GATE1 Project with URI Institute

Testicular tumors are a pathology that occur in young individuals from 15 years of age on up, and represent about 1% of all male neoplasms. However, there is currently a dramatic yearly increase of 3 to 10 new cases every 100,000 male individuals.

Among the potential risk factors of the appearance of testicular tumors, anatomical anomalies associated with an erroneous development of the individual in the womb is recognized as the most significant. Especially telling, however, is how testicular tumors often recur in families. In fact, the pathology is more frequent among parents, children, and siblings.

With the support of the Fondazione Prossimo Mio, the URI-Istituto di Ricerca Urologica of the IRCCS Ospedale San Raffaele in Milan has given itself the ambitious objective of realizing an exhaustive study of the genetic profile – using WES-Whole Exome Sequencing – of a large group of patients who are youths and adults with testicular tumors and, consensually, their parents, children, and siblings, in order to identify a group of genes characterizing testicular neoplasia.
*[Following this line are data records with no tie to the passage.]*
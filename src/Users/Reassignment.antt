-- ===== src/Users/Reassignment.antt =====
-- `reassignTaskAssignments`, src/modules/users/users.service.ts: the work of a deleted account.
use ecotrack_api.Common.{
  ==_refl, All, All-selected_among, All-update_change, Bool, Bool-cases, List, [], any,
  any-delete_other, any-refuted, any-update_to, arith, delete_where, false, inl, inr, not_true,
  select, true, update_where, ℕ, ◌==◌, ◌∷◌, ◌≡◌, ◌≢◌,
}
use ecotrack_api.Db.{Db, TaskAssignmentRow, for_each, for_each-drains, ok}
use ecotrack_api.Tasks.Assignment.{cancel_row}
use ecotrack_api.Users.Deletion.{
  deleted_user_sentinel_id, give_back, is_current_of, is_repointed, reassign_task_assignments,
  repoint, seen_assignment, seen_of, seen_own, sentinel_row,
}

abbrev pub listed : List TaskAssignmentRow → ℕ → Bool
listed xs id = any (λ (x : TaskAssignmentRow). x.id == id) xs

-- What the request sees is given by `visible`.
module _ (visible : ℕ → Bool) where
  -- Over the loop: the sentinel's active assignments are among the items still to come.
  abbrev pub Draining : List TaskAssignmentRow → Db → Type 0
  Draining xs db =
      All
        (λ (a : TaskAssignmentRow).
          is_current_of visible deleted_user_sentinel_id a ≡ true → listed xs a.id ≡ true)
        db.task_assignments

  -- The sentinel has an assignment on the task.
  abbrev pub Holding : ℕ → List TaskAssignmentRow → Db → Type 0
  Holding task_id xs db =
      any (seen_own visible task_id deleted_user_sentinel_id) db.task_assignments ≡ true

  given_back :
      (x : TaskAssignmentRow) (db db' : Db)
      → give_back visible x db ≡ ok (tt, db')
      → db'.task_assignments
        ≡ update_where (seen_assignment visible x.id) (cancel_row db.clock) db.task_assignments
  given_back x db db' e = ground arith

  give_back-Draining :
      (x : TaskAssignmentRow) (rest : List TaskAssignmentRow) (db db' : Db)
      → Draining (x ∷ rest) db
      → give_back visible x db ≡ ok (tt, db')
      → Draining rest db'
  unfolding any
  give_back-Draining x rest db db' h e = rw (given_back x db db' e) (
      All-update_change _ _ (seen_assignment visible x.id) (cancel_row db.clock) db.task_assignments
        (λ a hit k. (λ current. absurd (ground arith)))
        (λ a miss k. (λ current. ground (arith, k current))) h)

  give_back-Holding :
      (task_id : ℕ) (x : TaskAssignmentRow) (rest : List TaskAssignmentRow) (db db' : Db)
      → Holding task_id (x ∷ rest) db
      → give_back visible x db ≡ ok (tt, db')
      → Holding task_id rest db'
  give_back-Holding task_id x rest db db' h e = rw (given_back x db db' e) (
      any-update_to (seen_own visible task_id deleted_user_sentinel_id)
        (seen_own visible task_id deleted_user_sentinel_id) (seen_assignment visible x.id)
        (cancel_row db.clock) db.task_assignments (λ a own hit. own) (λ a own miss. own) h)

  repointed :
      (user_id task_id : ℕ) (rows : List TaskAssignmentRow)
      → any (seen_own visible task_id deleted_user_sentinel_id) rows ≡ false
      → (a : TaskAssignmentRow) → seen_own visible task_id user_id a ≡ true
      → is_repointed visible user_id rows a ≡ false
      → ⊥
  repointed user_id task_id rows absent a own miss =
      let at : a.task_id ≡ task_id = ground arith in
      let absent' : any (seen_own visible a.task_id deleted_user_sentinel_id) rows ≡ false =
        rw at absent in
      ground arith

  repoint-own :
      (now user_id task_id : ℕ) (rows : List TaskAssignmentRow)
      → any (seen_own visible task_id user_id) rows ≡ true
      → any (seen_own visible task_id deleted_user_sentinel_id) (repoint visible now user_id rows)
        ≡ true
  unfolding repoint
  repoint-own now user_id task_id rows h =
      elim (Bool-cases (any (seen_own visible task_id deleted_user_sentinel_id) rows)) [
        | inl there ↦
            any-update_to (seen_own visible task_id deleted_user_sentinel_id)
              (seen_own visible task_id deleted_user_sentinel_id)
              (is_repointed visible user_id rows) (sentinel_row now) rows
              (λ a own hit. ground arith) (λ a own miss. own) there
        | inr absent ↦
            any-update_to (seen_own visible task_id user_id)
              (seen_own visible task_id deleted_user_sentinel_id)
              (is_repointed visible user_id rows) (sentinel_row now) rows
              (λ a own hit. ground arith)
              (λ a own miss. absurd (repointed user_id task_id rows absent a own miss)) h
      ]

  -- After `reassignTaskAssignments` the sentinel has no active assignment, and an assignment on every
  -- task on which the user had one, as far as the request sees.
  pub reassign_effect :
      (user_id : ℕ) (db db' : Db)
      → user_id ≢ deleted_user_sentinel_id
      → reassign_task_assignments visible user_id db ≡ ok (tt, db')
      → (any (is_current_of visible deleted_user_sentinel_id) db'.task_assignments ≡ false)
        × ((task_id : ℕ)
            → any (seen_own visible task_id user_id) db.task_assignments ≡ true
            → any (seen_own visible task_id deleted_user_sentinel_id) db'.task_assignments ≡ true)
  unfolding reassign_task_assignments any
  reassign_effect user_id db db' apart h = (
    any-refuted (is_current_of visible deleted_user_sentinel_id) db'.task_assignments
        (drained db' h),
    (λ task_id had. held task_id had db' h),
  )
    where
      rows : List TaskAssignmentRow
      rows =
          delete_where (seen_of visible user_id)
            (repoint visible db.clock user_id db.task_assignments)

      current : List TaskAssignmentRow
      current = select (is_current_of visible deleted_user_sentinel_id) rows

      drained :
          (db' : Db)
          → for_each current (give_back visible) (record db { task_assignments = rows })
            ≡ ok (tt, db')
          → Draining [] db'
      drained db' =
          for_each-drains Draining (give_back visible) give_back-Draining current
            (record db { task_assignments = rows }) db'
            (All-selected_among (is_current_of visible deleted_user_sentinel_id)
              (λ a x. x.id == a.id) rows (λ y. ==_refl y.id))

      held :
          (task_id : ℕ)
          → any (seen_own visible task_id user_id) db.task_assignments ≡ true
          → (db' : Db)
          → for_each current (give_back visible) (record db { task_assignments = rows })
            ≡ ok (tt, db')
          → Holding task_id [] db'
      held task_id had db' =
          for_each-drains (Holding task_id) (give_back visible) (give_back-Holding task_id) current
            (record db { task_assignments = rows }) db'
            (any-delete_other (seen_own visible task_id deleted_user_sentinel_id)
              (seen_of visible user_id) (repoint visible db.clock user_id db.task_assignments)
              (λ y own. not_true _ (λ w. apart (ground arith)))
              (repoint-own db.clock user_id task_id db.task_assignments had))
To that end, about 1500 patients with tumors and these relatives will be enrolled for a total of about 4500 subjects.

Considering the impact that this disease and its cure can have in terms of compromising endocrine factors and/or the fertility of the male population, as well as its many psychological consequences in a fragile and delicate phase of life, research in the field of testicular pathologies assumes particular significance. It permits not only an increase in knowledge relative to the biopathology of the tumor, but also to an improvement in the cure and care of individuals who are affected.